I tried to add an one-up sequence to a LINQ select such as:

var i = 0;
var tokenized =
from line in lines
select new {
index = (i = i + 1)
,tokens = line.Split(new char[] {' '}
}

However, I get strange, but somewhat explainable results. It seems that
every time I access 'index' above the value increments. It is behaving as if
the code was assigned to the member and not the value. I have tried many
different ways to
reduce the result to a value without much success:

index = Convert.ToInt32((new int[] {i=i+1})[0].ToString())

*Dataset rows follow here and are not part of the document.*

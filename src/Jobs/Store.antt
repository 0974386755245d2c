-- ===== src/Jobs/Store.antt =====
-- The tables `jobs` and `job_events`, with the writes that every operation of the queue is made of.
-- Rows stand in the order of their keys, as both keys are handed out in ascending order.
use nexa_panel.Prelude.{
  ℕ, suc, Bool, true, false, ◌&&◌, Option, none, some, List, [], ◌∷◌, ◌++◌, Text, ◌==◌, text_eq,
  update_where, count_where, first, ◌≡◌, arith,
}
use nexa_panel.Jobs.Model.{State, JobRow, EventRow, Message, is_running}

pub record Db : Type 0 where
  pub jobs : List JobRow
  pub events : List EventRow
  pub next_job : ℕ
  pub next_event : ℕ

unfoldable pub empty : Db
empty = record { jobs = []; events = []; next_job = 1; next_event = 1 }

-- `tx.NewInsert().Model(event)`
unfoldable pub add_event : ℕ → State → ℕ → Message → ℕ → Db → Db
add_event job_id state progress message now db = record db {
  events =
      db.events
      ++ record {
        sequence = db.next_event;
        job_id = job_id;
        state = state;
        progress = progress;
        message = message;
        occurred_at = now;
      }
        ∷ [];
  next_event = suc db.next_event;
}

-- An update of the rows that meet a condition, with the number of rows it changed.
unfoldable pub update_jobs : (JobRow → Bool) → (JobRow → JobRow) → Db → ℕ × Db
update_jobs p f db = (count_where p db.jobs, record db { jobs = update_where p f db.jobs })

abbrev pub has_id : ℕ → JobRow → Bool
has_id id j = j.id == id

-- `lease_token = ?` is false of a row without a token.
unfoldable pub token_is : Text → Option Text → Bool
token_is token none = false
token_is token (some t) = text_eq t token

-- `id = ? AND state = 'running' AND lease_token = ?`
abbrev pub under_token : Text → JobRow → Bool
under_token token j = is_running j.state && token_is token j.lease_token

unfoldable pub holds_lease : ℕ → Text → JobRow → Bool
unfolding token_is
holds_lease id token j = has_id id j && under_token token j

unfoldable pub key_is : Text → Option Text → Bool
key_is key none = false
key_is key (some k) = text_eq k key

-- `kind = ? AND idempotency_key = ?`
unfoldable pub has_key : Text → Text → JobRow → Bool
unfolding key_is
has_key kind key j = text_eq j.kind kind && key_is key j.idempotency_key

-- The row of `Get`: `id = ?`.
unfoldable pub find_job : ℕ → Db → Option JobRow
find_job id db = first (has_id id) db.jobs

pub has_key_parts :
    (kind key : Text) (j : JobRow)
    → has_key kind key j ≡ true
    → (text_eq j.kind kind ≡ true) × (key_is key j.idempotency_key ≡ true)
unfolding has_key
has_key_parts kind key j h = ground arith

in C# I defined a class for holding the values:

Tokenized
{
:
public int Index() { get {return _index; }}
:
}
and assigned _index using a static value at construction. And still saw the
same issue.

The objective was to assign values to each line so that they could be
refered to directly in later queries. But since the values keep changing,
this does not work.

This is a cool and interesting feature and I can think of many uses for
this, but it is irritating in that I can't seem to find a way to force it to
take the value rather than the expression.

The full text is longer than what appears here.